**Activity**
Copy out each line of the data holding "unfoldable".

[[ Material for the task, beginning ]]

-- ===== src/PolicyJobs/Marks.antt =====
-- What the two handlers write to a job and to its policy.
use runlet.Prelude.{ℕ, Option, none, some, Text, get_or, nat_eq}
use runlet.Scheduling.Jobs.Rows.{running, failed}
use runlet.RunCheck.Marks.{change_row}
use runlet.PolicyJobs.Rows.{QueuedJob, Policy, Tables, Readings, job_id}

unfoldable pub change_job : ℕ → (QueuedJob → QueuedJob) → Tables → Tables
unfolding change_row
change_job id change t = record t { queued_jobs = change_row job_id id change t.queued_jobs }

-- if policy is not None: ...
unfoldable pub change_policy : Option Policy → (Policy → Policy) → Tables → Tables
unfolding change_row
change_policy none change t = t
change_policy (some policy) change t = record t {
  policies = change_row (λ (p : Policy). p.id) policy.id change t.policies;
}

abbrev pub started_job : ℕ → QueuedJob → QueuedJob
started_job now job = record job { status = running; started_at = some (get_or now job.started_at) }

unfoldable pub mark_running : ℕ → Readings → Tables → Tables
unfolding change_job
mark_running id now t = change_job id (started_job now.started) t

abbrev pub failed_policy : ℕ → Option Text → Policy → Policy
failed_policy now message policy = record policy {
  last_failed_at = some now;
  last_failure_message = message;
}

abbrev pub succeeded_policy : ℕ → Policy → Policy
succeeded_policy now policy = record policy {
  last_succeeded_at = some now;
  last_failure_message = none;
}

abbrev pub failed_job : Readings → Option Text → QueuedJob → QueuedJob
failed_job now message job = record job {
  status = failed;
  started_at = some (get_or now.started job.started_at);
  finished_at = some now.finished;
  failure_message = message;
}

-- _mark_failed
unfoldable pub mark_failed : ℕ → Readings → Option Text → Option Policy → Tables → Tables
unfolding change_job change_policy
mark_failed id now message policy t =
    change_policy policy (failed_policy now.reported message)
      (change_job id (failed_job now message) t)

[[ Material for the task, end ]]

**Response to this exercise**
unfoldable pub change_job : ℕ → (QueuedJob → QueuedJob) → Tables → Tables
unfoldable pub change_policy : Option Policy → (Policy → Policy) → Tables → Tables
unfoldable pub mark_running : ℕ → Readings → Tables → Tables
unfoldable pub mark_failed : ℕ → Readings → Option Text → Option Policy → Tables → Tables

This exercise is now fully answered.